En el siglo XIX, la historia se aceleró. Los tugurios antihigiénicos y las oficinas miserables de empleados de fábricas atestadas de aire viciado eran el telón de fondo de una aspiración de cambio que reemplazaba el inmovilismo del viejo régimen. En esta época, anunciar un futuro mejor fue el alimento de todas las utopías socialistas o científicas.
Había que luchar para construir un futuro que fuera absolutamente terrenal. El liberalismo y el socialismo situaban al individuo en el centro de sus preocupaciones. Se terminaron los cerrojos del nacimiento, en una sociedad donde todos querían ser iguales y donde, por lo tanto, el ascenso social no solo era posible sino necesario. Las predicciones eran un estímulo para los emprendedores, para quienes la innovación era un instrumento necesario para crecer en mercados competitivos.
En ese contexto, las predicciones científicas, políticas, económicas o sociales reemplazaban la fe que las grandes religiones habían asegurado. Los que predecían el futuro eran los economistas; los que formulaban utopías, los teóricos de la prospectiva. Se desplazaban de esta manera a los sacerdotes de las religiones tradicionales.
El individuo estaba más solo, la sociedad era una jungla, por ello había que recurrir a nuevas estructuras de salud colectivas: los sindicatos, los partidos guiados por las nuevas profecías que anunciaban el futuro. Las convulsiones fueron importantes en Europa: la sociedad tradicional empezaba a tambalear en los mitos de las nacionalidades, al paso de los cambios en los métodos de la producción industrial que eran tan bruscos que las sociedades debían inventar resguardos para mantener su estabilidad. En ese universo de fábricas y humo, de nuevas ideologías y conflictos sociales, los teóricos políticos, sociólogos y economistas debían asumir el rol de los profetas en la Antigüedad.
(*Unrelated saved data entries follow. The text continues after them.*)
-- ===== src/Audit/Clean.antt =====
-- What the policy files must hold for `opkssh audit` to succeed.
use opkssh.Base.{
  ℕ, suc, Bool, true, false, ◌&&◌, List, [], ◌∷◌, ◌++◌, ◌≡◌, refl, ap, sym, ◌∙◌, arith, Str, str_eq,
  Bool-cases, inl, inr,
}
use opkssh.Table.{
  Shell, Row, RowDetails, blank, unreadable, parsed, new_table, read_rows_with_details,
}
use opkssh.ConfigLog.{ConfigLog, ConfigProblem}
use opkssh.Policy.{User}
use opkssh.Policy.Parse.{
  is_complete, user_of, row_problem_of, all_users, all_problems, from_table_lem,
}
use opkssh.Validator.{
  ValidationStatus, success, ValidationRowResult, bad_row, ProvidersRow, new_policy_validator,
  validate_entry,
}
use opkssh.Validator.Entry.{expected_status, validate_entry_status}
use opkssh.Audit.{
  bad_result, rows_ok, principal_results, user_results, table_results, line_results, audit_lines,
}

abbrev is_success : ValidationStatus → Bool
is_success success = true
is_success _ = false

pub rows_ok-append :
    (rs ss : List ValidationRowResult) → rows_ok (rs ++ ss) ≡ (rows_ok rs && rows_ok ss)
rows_ok-append [] ss = refl
rows_ok-append (r ∷ rs) ss = ground (arith, rows_ok-append rs ss)

module _ (sh : Shell) (providers : List ProvidersRow) where
  -- A row that needs no attention: it is complete, and its issuer is that of a provider, is
  -- reached by https and does not end in a slash.
  abbrev pub row_clean : Row → Bool
  row_clean row = is_complete row && is_success (expected_status providers (user_of row).issuer)

  abbrev pub table_clean : List Row → Bool
  table_clean [] = true
  table_clean (row ∷ rows) = row_clean row && table_clean rows

  -- A line that needs no attention: it is blank or a comment, or it is read to clean rows.
  abbrev pub line_clean : RowDetails → Bool
  line_clean (blank content) = true
  line_clean (unreadable content) = false
  line_clean (parsed cols content) = table_clean (new_table sh content).rows

  abbrev pub lines_clean : List RowDetails → Bool
  lines_clean [] = true
  lines_clean (d ∷ ds) = line_clean d && lines_clean ds

  -- The text of a policy file of which no line needs attention.
  abbrev pub text_clean : Str → Bool
  text_clean text = lines_clean (read_rows_with_details sh text)

  module _ (path : Str) where
    abbrev results_of : ℕ → List User → List ConfigProblem → List ValidationRowResult
    results_of line users problems = elim problems [
      | [] ↦ user_results (new_policy_validator providers) line users
      | problem ∷ more ↦ bad_result (bad_row problem.error_message) line ∷ []
    ]

    rows_ok-entry :
        (principal : Str) (row : Row) (line : ℕ) (rest : List ValidationRowResult)
        → rows_ok (
            validate_entry
              (new_policy_validator providers)
              principal
              (user_of row).identity_attribute
              (user_of row).issuer
              line
            ∷ rest)
          ≡ (is_success (expected_status providers (user_of row).issuer) && rows_ok rest)
    rows_ok-entry principal row line rest =
        let e =
          validate_entry_status providers principal (user_of row).identity_attribute
            (user_of row).issuer line in
        ground (arith, e.0)

    complete_users :
        (row : Row) (rows : List Row)
        → is_complete row ≡ true
        → all_users (row ∷ rows) ≡ user_of row ∷ all_users rows
    complete_users row rows y = rw y refl

    complete_problems :
        (row : Row) (rows : List Row)
        → is_complete row ≡ true
        → all_problems path (row ∷ rows) ≡ all_problems path rows
    complete_problems row rows y = rw y refl

    complete_clean :
        (row : Row) (rows : List Row)
        → is_complete row ≡ true
        → table_clean (row ∷ rows)
          ≡ (is_success (expected_status providers (user_of row).issuer) && table_clean rows)
    complete_clean row rows y = rw y refl

    rows_ok_complete :
        (line : ℕ) (row : Row) (rows : List Row) (problems : List ConfigProblem)
        → rows_ok (results_of line (all_users rows) problems) ≡ table_clean rows
        → rows_ok (results_of line (user_of row ∷ all_users rows) problems)
          ≡ (is_success (expected_status providers (user_of row).issuer) && table_clean rows)
    unfolding user_results principal_results
    rows_ok_complete line row rows [] h =
        rows_ok-entry _ row line
          (user_results (new_policy_validator providers) line (all_users rows))
        ∙ ap (λ b. is_success (expected_status providers (user_of row).issuer) && b) h
    rows_ok_complete line row rows (problem ∷ more) h = ground (arith, h)

    -- The first row that is not complete spoils the line.
    rows_ok_incomplete :
        (line : ℕ) (row : Row) (rows : List Row)
        → is_complete row ≡ false
        → rows_ok (results_of line (all_users (row ∷ rows)) (all_problems path (row ∷ rows)))
          ≡ table_clean (row ∷ rows)
    rows_ok_incomplete line row rows n = go _ refl ∙ sym (spoiled n)
      where
        spoiled : is_complete row ≡ false → table_clean (row ∷ rows) ≡ false
        spoiled n = rw n refl

        there : all_problems path (row ∷ rows) ≡ row_problem_of path row ∷ all_problems path rows
        there = rw n refl

        go :
            (problems : List ConfigProblem)
            → all_problems path (row ∷ rows) ≡ problems
            → rows_ok (results_of line (all_users (row ∷ rows)) problems) ≡ false
        go [] e = absurd (ground (arith, there))
        go (problem ∷ more) e = refl

    rows_ok-results_of :
        (line : ℕ) (rows : List Row)
        → rows_ok (results_of line (all_users rows) (all_problems path rows)) ≡ table_clean rows
    unfolding user_results
    rows_ok-results_of line [] = refl
    rows_ok-results_of line (row ∷ rows) = elim (Bool-cases (is_complete row)) [
      | inr n ↦ rows_ok_incomplete line row rows n
      | inl y ↦
          ap (λ us. rows_ok (results_of line us (all_problems path (row ∷ rows))))
            (complete_users row rows y)
          ∙ ap (λ ps. rows_ok (results_of line (user_of row ∷ all_users rows) ps))
              (complete_problems row rows y)
          ∙ rows_ok_complete line row rows (all_problems path rows) (rows_ok-results_of line rows)
          ∙ sym (complete_clean row rows y)
    ]

    -- What the loop over the lines adds up to.
    rows_ok-line :
        (line : ℕ) (d : RowDetails) (log : ConfigLog)
        → rows_ok (line_results sh (new_policy_validator providers) path line d log).0
          ≡ line_clean d
    unfolding line_results
    rows_ok-line line (blank content) log = refl
    rows_ok-line line (unreadable content) log = refl
    rows_ok-line line (parsed cols content) log =
        ap (λ p. rows_ok (table_results (new_policy_validator providers) line p))
          (from_table_lem path sh content log)
        ∙ rows_ok-results_of line (new_table sh content).rows

    rows_ok-lines :
        (line : ℕ) (out : List ValidationRowResult) (log : ConfigLog) (ds : List RowDetails)
        → rows_ok (audit_lines sh (new_policy_validator providers) path line out log ds).0
          ≡ (rows_ok out && lines_clean ds)
    unfolding audit_lines
    rows_ok-lines line out log [] = ground arith
    rows_ok-lines line out log (d ∷ ds) =
        let new = line_results sh (new_policy_validator providers) path line d log in
        rows_ok-lines (suc line) (out ++ new.0) new.1 ds
        ∙ ground (arith, rows_ok-append out new.0, rows_ok-line line d log)

    -- The rows of a file are successes exactly if its text is clean.
    pub rows_ok-text :
        (log : ConfigLog) (text : Str)
        → rows_ok
            (audit_lines sh
              (new_policy_validator providers)
              path
              1
              []
              log
              (read_rows_with_details sh text)).0
          ≡ text_clean text
    rows_ok-text log text = rows_ok-lines 1 [] log (read_rows_with_details sh text)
La atmósfera que invadió el principio del siglo XIX tuvo un clima propicio, a diferencia de lo que ocurrió a comienzos del siglo posterior. Muchos son los testimonios de esa confianza en el futuro. Víctor Hugo, el visionario romántico, exclama en 1830: “¡Oh! ¡El porvenir es magnífico!”. En una carta que le envía a Nadar, el fotógrafo, anuncia que la ciencia asegurará la libertad del género humano. Víctor Hugo acompaña con su optimismo a poetas de todo el mundo; por ejemplo, el chileno Manuel Lacunza predice una tierra “eternamente renovada” física y moralmente, de naciones instruidas, pacificadas, bautizadas, que conservan una “fe pura, de costumbres inocentes”.(44)
Hay pesimistas, como el clérigo anglicano Thomas Malthus, quien partiendo del argumento de que la producción crece a un ritmo aritmético, mientras que la población lo hace a una velocidad geométrica, anunció una catástrofe si no se reducía drásticamente la cantidad de habitantes.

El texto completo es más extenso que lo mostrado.